The 3rd Violin Sonata by Enescu, better known as Enesco to his legion of admirers, is an adroit work, replete with Romanian themes. McDuffie and Abramovic performed it with enormous skill, but did not always touch the audience with the piece's evocative powers. I have no quibble with the abilities of the players, but perhaps a more intimate venue than a large symphony hall might have served a display of folk music better.
After intermission came Tobias Picker's Invisible Lilacs, a work inspired by a paragraph from Proust's A la recherche du Temps Perdu. Picker, a student of Wuorinen, Carter, and Babbitt, learned well from his teachers, but he does not have as individual a voice as any one of the three. Again, the recitalists performed apparently without flaws.
Fritz Kreisler's famous bon-bons, Tempo di Minuetto, Schon Rosmarin, Tambourin Chinois, (which sounded, because of the incredible speed with which it was performed, like the Rush Hour in Hong Kong), and Liebesleid, unfortunately were performed in a manner of a businessman-violinist trying to re-create a memory that had already been exquisitely created by Kreisler himself. It is a very difficult task.

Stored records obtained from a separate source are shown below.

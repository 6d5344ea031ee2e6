-- ===== src/Bram/Progress.antt =====
-- The kernel LSQ_BRAM of lsq/LoadStoreQueueBRAM.hpp does not get stuck: requests move towards the
-- heads of the queues, a store value that is offered is used, and a load whose stores are done
-- returns.
pub mod Loads
use elastic_sycl_hls.Prelude.{
  ℕ, zero, suc, ◌+◌, ◌≤◌, ◌<◌, ◌≡◌, ◌≢◌, ◌⊎◌, inl, inr, Bool, true, false, not, ◌&&◌, ◌||◌, leb,
  if◌then◌else◌, Bool-cases, Option, none, some, List, [], ◌∷◌, ◌++◌, arith, refl, ap, length,
}
use elastic_sycl_hls.Prelude.Int.{ℤ, ==ℤ_iff}
use elastic_sycl_hls.Bram.State.{
  invalid_bram_addr, Config, Lsq, StAlloc, StReq, LdEntry, PipeInputs, TaggedVal,
  use_st_val_mux_inlined, alloc_head, load_head,
}
use elastic_sycl_hls.Bram.Stores.{
  st_val_from, read_st_val, take_st_val, shift_in, alloc_moves, shift_allocs, new_alloc,
}
use elastic_sycl_hls.Bram.Loads.{
  Return, ld_wait, mark_safe, pipe_succ, write_load, return_load, bypasses, accept_load,
  mark_first_two, shift_loads, set_head,
}
use elastic_sycl_hls.Bram.Cycle.{cycle, ends, run}
use elastic_sycl_hls.Bram.Program.{Program, Progress, Conforms, advance}
use elastic_sycl_hls.Bram.Invariant.{Inv, Holds, Allocs, LoadQueue, StoreQueue}
use elastic_sycl_hls.Bram.Invariant.Stores.{StoreQueue-Allocs}
use elastic_sycl_hls.Bram.Invariant.Kept.{cycle-Inv}

-- The position of the first entry that holds a request.
abbrev pub first_alloc : List StAlloc → Option ℕ
first_alloc [] = none
first_alloc (e ∷ q) =
    if e.addr_valid then some 0 else elim (first_alloc q) [ none ↦ none | some k ↦ some (suc k) ]

first_alloc-append :
    (q r : List StAlloc) (k : ℕ) → first_alloc q ≡ some k → first_alloc (q ++ r) ≡ some k
first_alloc-append [] r k h = cc
first_alloc-append (e ∷ q) r zero h = ground (arith, first_alloc-append q r zero)
first_alloc-append (e ∷ q) r (suc k) h = ground (arith, first_alloc-append q r k)

first_alloc-head : (q : List StAlloc) → first_alloc q ≡ some 0 → (alloc_head q).addr_valid ≡ true
first_alloc-head [] h = cc
first_alloc-head (e ∷ q) h = ground arith

first_alloc-tail :
    (e : StAlloc) (q : List StAlloc) (k : ℕ)
    → first_alloc (e ∷ q) ≡ some (suc k)
    → (e.addr_valid ≡ false) × (first_alloc q ≡ some k)
first_alloc-tail e q k h = ground arith

first_alloc-head_empty :
    (q : List StAlloc) (k : ℕ) → first_alloc q ≡ some (suc k) → (alloc_head q).addr_valid ≡ false
first_alloc-head_empty [] k h = cc
first_alloc-head_empty (e ∷ q) k h = (first_alloc-tail e q k h).0

shift_allocs-first :
    (arrived : Bool) (q : List StAlloc) (req : Option StReq) (junk k : ℕ)
    → first_alloc q ≡ some (suc k)
    → first_alloc (shift_allocs (alloc_moves arrived q) req junk q) ≡ some k
unfolding shift_allocs alloc_moves
shift_allocs-first arrived [] req junk k h = cc
shift_allocs-first true (e ∷ q) req junk k h = first_alloc-append q _ k (first_alloc-tail e q k h).1
shift_allocs-first false (e ∷ q) req junk k h =
    let (v, t) = first_alloc-tail e q k h in rw v (first_alloc-append q _ k t)

module _ {V : Type 0} (cfg : Config) (byte_of : V → ℤ) where
  -- The registers after a sequence of iterations.
  abbrev pub iterate : Lsq V → List (PipeInputs V) → Lsq V
  iterate s [] = s
  iterate s (inp ∷ inps) = iterate (cycle cfg byte_of s inp).0 inps

  -- Whatever the pipes do, the first store request of the allocation queue moves to its head in as
  -- many iterations as its position.
  pub iterate-first_alloc :
      (s : Lsq V) (inps : List (PipeInputs V))
      → first_alloc s.st_alloc ≡ some (length inps)
      → (alloc_head (iterate s inps).st_alloc).addr_valid ≡ true
  unfolding cycle
  iterate-first_alloc s [] h = first_alloc-head s.st_alloc h
  iterate-first_alloc s (inp ∷ inps) h =
      iterate-first_alloc (cycle cfg byte_of s inp).0 inps
        (shift_allocs-first _ s.st_alloc inp.st_req_offer inp.junk_tag (length inps) h)

-- A load whose stores are all done matches no entry of the store queue.
ld_wait-done :
    {V : Type 0} (p : Program V) (c n : ℕ) (q : List StAlloc) (ld : LdEntry)
    → Allocs p c n q
    → ld.tag ≤ c
    → ld.addr ≢ invalid_bram_addr
    → ld_wait q ld ≡ false
unfolding ld_wait
ld_wait-done p c n [] ld h le ne = refl
ld_wait-done p c n (e ∷ q) ld (inl (v, a, t, i)) le ne =
    ground (arith, ld_wait-done p (suc c) n q ld i (omega arith) ne)
ld_wait-done p c n (e ∷ q) ld (inr (v, x, i)) le ne =
    ground (arith, ld_wait-done p c n q ld i le ne, ==ℤ_iff e.addr ld.addr)

pub mark_safe-done :
    {V : Type 0} (p : Program V) (c n : ℕ) (q : List StAlloc) (ld : LdEntry)
    → Allocs p c n q
    → ld.tag ≤ c
    → c ≤ n
    → ld.addr ≢ invalid_bram_addr
    → ld.addr_valid ≡ true
    → (mark_safe n q ld).is_safe ≡ true
unfolding mark_safe
mark_safe-done p c n q ld h le le' ne v = ground (arith, ld_wait-done p c n q ld h le ne)

-- The end signal is listened for whenever the head of the store queue is empty, also when requests
-- wait behind it: a run whose first iteration reads it then ends after that iteration, with the
-- first request still in the queue, one entry further on and not done.
pub ends-pending :
    {V : Type 0} (cfg : Config) (byte_of : V → ℤ) (s : Lsq V) (inp : PipeInputs V)
    (inps : List (PipeInputs V)) (k : ℕ)
    → first_alloc s.st_alloc ≡ some (suc k)
    → inp.end_arrived ≡ true
    → let (effs, s') = run cfg byte_of s (inp ∷ inps) in
      (length effs ≡ 1) × (first_alloc s'.st_alloc ≡ some k)
unfolding run ends cycle
ends-pending cfg byte_of s inp inps k h signal =
    rw (first_alloc-head_empty s.st_alloc k h, signal)
      (refl, shift_allocs-first _ s.st_alloc inp.st_req_offer inp.junk_tag k h)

Franz Lehar's Hungarian Fantasy, for some reason, seemed to be closest to the duo's heart. It was superbly played and left a decent-sized audience in an excellent mood. In response to the demand for an encore, McDuffie played John Williams' tender and beautiful theme from Schindler's List.
(Stuart Canin, is former Concertmaster of the San Francisco Symphony and of Hollywood film orchestras, and currently Music Director of the New Century Chamber Orchestra.)